# Clipboard Icon



## Boulderboy (Aug 19, 2016)

Can't seem to figure out how to get the clipboard icon in the upper left corner of the driver app. I know I have the current app version for I Phone 6 and I want to use the destination feature, but without the icon I can't. Any ideas ?


----------



## Bart McCoy (Nov 4, 2014)

nothing you can do, but wait


----------



## Mikedamirault (Jun 22, 2016)

I always get the little clipboard icon, though I don't bother with it as there is no real valuable information in there, it just basically says pax pickup and pax drop off, I think it displays the pickup location, but I have never seen it show destination, I've only ever seen the destination after the trip is started


----------



## Bart McCoy (Nov 4, 2014)

Mikedamirault said:


> I always get the little clipboard icon, though I don't bother with it as there is no real valuable information in there, it just basically says pax pickup and pax drop off, I think it displays the pickup location, but I have never seen it show destination, I've only ever seen the destination after the trip is started


lol its the destination feature to get you home,can be very useful when your last trip is out in the sticks


----------



## Mikedamirault (Jun 22, 2016)

Bart McCoy said:


> lol its the destination feature to get you home,can be very useful when your last trip is out in the sticks


Not sure what you're talking about, the only clipboard icon I've seen only appears when you are waiting for your pax, and no, from what I have seen, it has nothing to do with getting you home


----------



## Bart McCoy (Nov 4, 2014)

Mikedamirault said:


> Not sure what you're talking about, the only clipboard icon I've seen only appears when you are waiting for your pax, and no, from what I have seen, it has nothing to do with getting you home


well the clipboard is the destination feature,top left
the info button is what brings up the way bill

See below, if you hit the clip board, it will bring up the destination feature that you can use 2 times a day


----------



## Bart McCoy (Nov 4, 2014)




----------



## Bart McCoy (Nov 4, 2014)

Boulderboy the above pick is what you're talking about right?


----------



## Mikedamirault (Jun 22, 2016)

Bart McCoy said:


> well the clipboard is the destination feature,top left
> the info button is what brings up the way bill
> 
> See below, if you hit the clip board, it will bring up the destination feature that you can use 2 times a day


Must be a location thing, mine only shows up when I'm waiting for a pax, I don't get it on the map screen


----------



## Uber48208 (May 4, 2016)

Bart McCoy said:


> View attachment 56325


There are drivers in the Detroit forum that claim they've used this - I signed up in the last week and just now, opened my app and saw the clipboard for a half a second and it went away.. I can only guess/speculate it's because I'm new and have to complete X amount of trips to use it?
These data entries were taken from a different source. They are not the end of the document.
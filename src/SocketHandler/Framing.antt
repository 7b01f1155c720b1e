-- ===== src/SocketHandler/Framing.antt =====
-- src/SocketHandler.cpp: which bytes of a connection are handled. `async_read_until` ends when the
-- buffer has a terminator, and `length` counts the bytes up to it and with it.
use sm_ext_rpc.Base.{
  List, [], ◌∷◌, String, Bytes, ℕ, ◌++◌, length, take-append, ◌≡◌, refl, Result, ok, throw, fault,
  ◌>>=◌,
}
use sm_ext_rpc.Base.Int.{ℤ}
use sm_ext_rpc.Json.Wire.{packet}
use sm_ext_rpc.Processor.{Env, Processor}
use sm_ext_rpc.Processor.Request.{Handled, Response, handle_request}
use sm_ext_rpc.Server.{read}
use sm_ext_rpc.SocketHandler.{Received, respond, on_read, session}

-- What arrives until a read ends: a packet, and what the peer sent right after it.
pub record Arrival : Type 0 where
  pub now : ℤ
  pub body : Bytes
  pub extra : Bytes

abbrev pub reads_of : List Arrival → List (ℤ × Bytes × ℕ)
reads_of [] = []
reads_of (a ∷ rest) = (a.now, packet a.body ++ a.extra, length (packet a.body)) ∷ reads_of rest

module _ (E : Env) where
  -- The first packet of each arrival is handled, and nothing else.
  abbrev pub first_packets :
      Processor → String → List Arrival → Result (List (Response E) × Processor)
  first_packets p remote [] = ok ([], p)
  first_packets p remote (a ∷ rest) = handle_request E p a.now remote (packet a.body) >>= λ handled.
      first_packets handled.processor remote rest >>= λ (responses, p').
      ok (handled.response ∷ responses, p')

  -- What `on_read` makes of a request that was handled.
  abbrev received_of : Handled E → Result (Received E)
  received_of handled =
      ok (record {
        handled = handled;
        started = respond E handled.response ++ read ∷ [];
        buffer = [];
      })

  abbrev go_on : List Arrival → String → Received E → Result (List (Response E) × Processor)
  go_on rest remote received =
      session E received.handled.processor remote received.buffer (reads_of rest)
      >>= λ (responses, p'). ok (received.handled.response ∷ responses, p')

  abbrev go_first : List Arrival → String → Handled E → Result (List (Response E) × Processor)
  go_first rest remote handled = first_packets handled.processor remote rest >>= λ (responses, p').
      ok (handled.response ∷ responses, p')

  after_first :
      (r : Result (Handled E)) (rest : List Arrival) (remote : String)
      → ((p : Processor) → session E p remote [] (reads_of rest) ≡ first_packets p remote rest)
      → (r >>= received_of >>= go_on rest remote) ≡ (r >>= go_first rest remote)
  after_first (ok handled) rest remote later = rw (later handled.processor) refl
  after_first (throw e) rest remote later = refl
  after_first fault rest remote later = refl

  -- If each read of a connection ends with a packet and what the peer sent right after it, then
  -- over the whole connection the first packet of each read is handled as a request, in order and
  -- with the processor that the one before it left, and what followed it is never handled: neither
  -- at once nor with a later read.
  pub session-packets :
      (arrivals : List Arrival) (p : Processor) (remote : String)
      → session E p remote [] (reads_of arrivals) ≡ first_packets p remote arrivals
  unfolding session on_read
  session-packets [] p remote = refl
  session-packets (a ∷ rest) p remote =
      rw (session, on_read, take-append (packet a.body) a.extra)
        (after_first (handle_request E p a.now remote (packet a.body)) rest remote
          (λ p'. session-packets rest p' remote))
I'm also on a referral promo of giving 25 in 30 to get a bonus... maybe it'll show up for me after that's done? Dunno...


----------



## McGyüber (Jun 27, 2016)

Bart McCoy said:


> View attachment 56325


What's the button on the right pointing up?
Above the traffic button


----------



## Bart McCoy (Nov 4, 2014)

McGyüber said:


> What's the button on the right pointing up?
> Above the traffic button


when u hit it a legend drops down and tells you which shades of surge equal what surge amount
everyone should have this, came when they switched to honeycomb/hexagon maps many moons ago


----------



## Uber48208 (May 4, 2016)

^^^ Mine still looks like Surge logo... Even after most recent updates...


----------



## McGyüber (Jun 27, 2016)

Bart McCoy said:


> when u hit it a legend drops down and tells you which shades of surge equal what surge amount
> everyone should have this, came when they switched to honeycomb/hexagon maps many moons ago


Not everyone has that. Some smaller markets still surge the old way, no honeycombs


----------



## Mikedamirault (Jun 22, 2016)

Mine's somewhere in the middle, I get the new honeycomb surge zones, but my ledgend icon still displays the old lightning bolt logo


----------